Nach mehreren Anläufen hat der Ölpreis an Fronleichnam die psychologisch wichtige Marke von 50 Dollar je Barrel (159 Liter) übersprungen. Dies stützte auch die Aktienbörsen, weil steigende Rohstoffpreise als Hinweis auf eine wachsende Weltwirtschaft gelten.

Der Dax setzte seinen Erholungskurs fort und gewann 0,4 Prozent auf 10.244 Punkte. Der EuroStoxx50 behauptete seine Vortagesgewinne und notierte kaum verändert bei 3058 Zählern. Die richtungsweisende Öl-Sorte Brent aus der Nordsee verteuerte sich um bis zu ein Prozent auf ein Sieben-Monats-Hoch 50,26 Dollar.

"Die Rally wird aber nicht anhalten, denn die Preise werden ein Niveau erreichen, der US-Schieferöl in den Markt zurückbringt", sagte Jonathan Barratt, Chef-Anleger des Vermögensverwalters Ayers Alliance. Wegen des weltweiten Überangebots ist der Preis für den Rohstoff in den vergangenen beiden Jahren zeitweise um gut drei Viertel eingebrochen. Dies zwang Unternehmen dazu, Bohrungen mit höhen Förderkosten zu schließen. Betroffen waren hiervon vor allem US-Firmen, die Öl mit Hilfe des technisch aufwendigen und umstrittenen "Fracking"-Verfahrens aus Schiefergestein herauslösen.

Im Vergleich zu seinem Tief vom Januar hat sich der Ölpreis wieder fast verdoppelt. Begünstigt wurde die Preisrally von Produktionsausfällen in Nigeria, Venezuela und den Waldbrand-Gebieten Kanadas. Die Experten von Goldman Sachs sagten für Mai sogar einen Angebotsengpass voraus. In der vergangenen Woche gingen die US-Rohölbestände überraschend stark zurück.

Die Aussicht auf höhere Gewinne aus dem Erdöl-Export lockte Anleger in die Börsen der Förderländer zurück. Der Leitindex der Moskauer Börse legte um bis zu 1,5 Prozent zu, und der russische Rubel stieg zum Euro auf ein Fünf-Monats-Hoch. Auch die Ölkonzerne waren gefragt: BP, Eni, OMV, Shell und Total gewannen bis zu 3,1 Prozent.

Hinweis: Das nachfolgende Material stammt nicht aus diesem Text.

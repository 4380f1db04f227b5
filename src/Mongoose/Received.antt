-- ===== src/Mongoose/Received.antt =====
-- src/mongoose/connContext.cc: what a request is made of.
use mathlib.Core.List.{foldl}
use rikitiki.Base.{
  ℕ, zero, suc, ◌<◌, List, [], ◌∷◌, ◌≡◌, ◌≢◌, refl, ap, ◌∙◌, Bytes, All, c_str_whole, take,
  HasNoNul,
}
use rikitiki.Http.Header.{Utf, HeaderCollection, add}
use rikitiki.Http.Header.Query.{
  IsPair, query_of, query_of-HasNoNul, store, from_query_string, from_query_string-query_of,
}
use rikitiki.Mongoose.{MongooseRequest, read_headers, read_query, new_request, request_method}
use rikitiki.Http.RequestMethod.{RequestMethod, to_string, from_string}
use rikitiki.Http.Request.StartLine.{known, name-plain, from_string-known}

-- What mxcomp documents of its conversion: an ASCII text's wide characters have its bytes' values.
pub record IsWidening (utf : Utf) : Type 0 where
  pub ascii : (s : Bytes) → All (λ c. c < 128) s → utf.widen s ≡ s

abbrev pub IsNamed : Bytes × Bytes → Type 0
IsNamed h = h.0 ≢ []

abbrev pub add_pairs : List (Bytes × Bytes) → HeaderCollection → HeaderCollection
add_pairs [] m = m
add_pairs ((name, value) ∷ hs) m = add_pairs hs (add name value m)

read_headers-add_pairs :
    (n : ℕ) (hs : List (Bytes × Bytes)) (m : HeaderCollection)
    → All IsNamed hs
    → read_headers n hs m ≡ add_pairs (take n hs) m
unfolding read_headers
read_headers-add_pairs zero hs m h = refl
read_headers-add_pairs (suc n) [] m h = refl
read_headers-add_pairs (suc n) (([], value) ∷ hs) m h = absurd (h.0 refl)
read_headers-add_pairs (suc n) ((c ∷ cs, value) ∷ hs) m h =
    read_headers-add_pairs n hs (add (c ∷ cs) value m) h.1

abbrev pub IsAsciiText : Bytes → Type 0
IsAsciiText = All (λ c. c < 128)

module _ (utf : Utf) (widening : IsWidening utf) where
  read_query-query_of :
      (ps : List (Bytes × Bytes))
      → All IsPair ps
      → IsAsciiText (query_of ps)
      → read_query utf (query_of ps) ≡ foldl store [] ps
  unfolding read_query
  read_query-query_of ps ok ascii =
      read_text (query_of ps) ascii (query_of-HasNoNul ps ok) ∙ from_query_string-query_of ps [] ok
    where
      read_text :
          (s : Bytes) → IsAsciiText s → HasNoNul s → read_query utf s ≡ from_query_string s []
      read_text [] h k = refl
      read_text (c ∷ cs) h k =
          ap (λ t. from_query_string (utf.widen t) []) (c_str_whole (c ∷ cs) k)
          ∙ ap (λ t. from_query_string t []) (widening.ascii (c ∷ cs) h)

  -- A request that mongoose hands over has its URI and its body; its query string and its body, where
  -- they are the text of pairs in ASCII, are stored pair by pair, a repeated name's value behind the
  -- earlier one; of its headers, all with a name, the first 40 are added in order; its method is the one
  -- that its name tells, where OTHER is ANY.
  pub new_request-received :
      (method : RequestMethod) (uri : Bytes) (ps form hs : List (Bytes × Bytes))
      → All IsPair ps
      → IsAsciiText (query_of ps)
      → All IsPair form
      → IsAsciiText (query_of form)
      → All IsNamed hs
      → let r : MongooseRequest = new_request utf (record {
        method = to_string method;
        uri = uri;
        query_string = query_of ps;
        headers = hs;
        body = query_of form;
      }) in
        (r.uri ≡ uri)
        × (r.body ≡ query_of form)
        × (r.qs ≡ foldl store [] ps)
        × (r.post ≡ foldl store [] form)
        × (r.headers ≡ add_pairs (take 40 hs) [])
        × (request_method r ≡ known method)
  unfolding new_request request_method
  new_request-received method uri ps form hs ok ascii form_ok form_ascii named = (
    refl,
    refl,
    read_query-query_of ps ok ascii,
    read_query-query_of form form_ok form_ascii,
    read_headers-add_pairs 40 hs [] named,
    ap from_string (name-plain method).1 ∙ from_string-known method,
  )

US-GELDPOLITIK BLEIBT BEHERRSCHENDES THEMA



Daneben warf die für Freitag angekündigte Rede der US-Notenbankchefin Janet Yellen bereits ihre Schatten voraus. Von ihren Aussagen erhoffen sich Börsianer Hinweise auf den Zeitpunkt der lang erwarteten US-Zinserhöhung. "Sollten die Umfragen in Großbritannien weiter auf einen Sieg der EU-Befürworter hindeuten, könnte es im Juni so weit sein", sagte Marktanalyst Giuseppe Amato vom Brokerhaus Lang & Schwarz. "Sonst wird es wohl eher Juli."

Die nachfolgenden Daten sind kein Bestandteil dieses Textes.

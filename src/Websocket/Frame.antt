-- ===== src/Websocket/Frame.antt =====
-- src/websocket/websocketContext.cc, include/rikitiki/websocket/websocketContext.h: frames received
-- and the messages that they make up. The bits of a byte are taken with / and %. A pointer is the
-- memory behind it; where the code reads beyond that, or an assertion fails, there is no result.
use rikitiki.Base.{
  ℕ, zero, suc, ◌+◌, ◌-◌, ◌*◌, ◌/◌, ◌%◌, ◌^◌, Bool, true, false, not, [], ◌∷◌, ◌++◌, Option, none,
  some, ◌==◌, leb, if◌then◌else◌, Bytes, length, take,
}

-- `byte & (1 << k)`, as 0 or 1.
abbrev pub bit : ℕ → ℕ → ℕ
bit k byte = (byte / 2 ^ k) % 2

pub record FrameInfo : Type 0 where
  pub opcode : ℕ
  pub size : ℕ
  pub is_masked : Bool
  pub is_finished : Bool
  pub mask : ℕ

-- FrameInfo::OpCode
abbrev pub op_code : FrameInfo → ℕ
op_code info = info.opcode % 256

pub record Frame : Type 0 where
  pub info : FrameInfo
  pub payload : Bytes

-- Frame::Init. The mask and its flag keep what they hold. The tests are `opcode & OpCode::Close`,
-- bit 3, and `opcode & 0xEF`, all bits but bit 4.
abbrev pub init : FrameInfo → (opcode : ℕ) → Bytes → (len : ℕ) → Frame
init info opcode buffer len = record {
  info = record info {
    size = len;
    is_finished = bit 3 opcode == 1;
    opcode = opcode % 256 - 16 * bit 4 opcode;
  };
  payload = buffer;
}

-- A number in the host's order, which is taken to be little endian, and the memory behind it.
abbrev pub host_number : ℕ → Bytes → Option (ℕ × Bytes)
host_number zero bs = some (0, bs)
host_number (suc k) [] = none
host_number (suc k) (b ∷ bs) = elim (host_number k bs) [
  | none ↦ none
  | some p ↦ some (b + 256 * p.0, p.1)
]

-- The length's first byte, which is compared with its mask bit on.
abbrev pub frame_length_of : ℕ → Bytes → Option (ℕ × Bytes)
frame_length_of b bs =
    if b == 126 then host_number 2 bs else if b == 127 then host_number 8 bs else some (b, bs)

abbrev pub frame_mask : Bool → ℕ → Bytes → Option (ℕ × Bytes)
frame_mask true old bs = host_number 4 bs
frame_mask false old bs = some (old, bs)

-- Frame::Frame(buffer, len), into memory that holds `info`. `buffer[0] && 0x80` holds for every
-- length but 0.
unfoldable pub read_frame : FrameInfo → Bytes → ℕ → Option Frame
read_frame info [] len = none
read_frame info (b ∷ []) len = none
read_frame info (opcode ∷ b ∷ bs) len = elim (frame_length_of b bs) [
  | none ↦ none
  | some (n, bs') ↦ elim (frame_mask (not (b == 0)) info.mask bs') [
    | none ↦ none
    | some (key, bs'') ↦
        if n == len
        then some (init (record info { is_masked = not (b == 0); mask = key }) opcode bs'' len)
        else none
  ]
]

pub record Message : Type 0 where
  pub code : ℕ
  pub content : Bytes
  pub frame_length : ℕ

-- Message::Ingest. On a 64-bit host the sum of sizes does not exceed what it is compared with.
unfoldable pub ingest : Frame → Message → Option Message
ingest frame m =
    if m.code == op_code frame.info
    then (if leb frame.info.size (length frame.payload)
        then some (record m {
          frame_length = (m.frame_length + 1) % 2 ^ 64;
          content = m.content ++ take frame.info.size frame.payload;
        })
        else none)
    else none

-- Message::Message
unfoldable pub new_message : Frame → Option Message
unfolding ingest
new_message frame =
    ingest frame (record { code = op_code frame.info; content = []; frame_length = 0 })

Am 23. Juni stimmen die Briten über den Brexit - den Ausstieg des Königreichs aus der EU - ab. Die Fed berät rund eine Woche davor über ihre Geldpolitik. Einer aktuellen Umfrage zufolge rechnen etwa zwei Drittel der Befragten damit, dass sich die Wahlberechtigten gegen den Brexit entscheiden werden. Das Pfund Sterling kostete am Donnerstag 1,3171 Euro und lag damit nur etwa einen halben Cent unter seinem Vier-Monats-Hoch vom Vortag.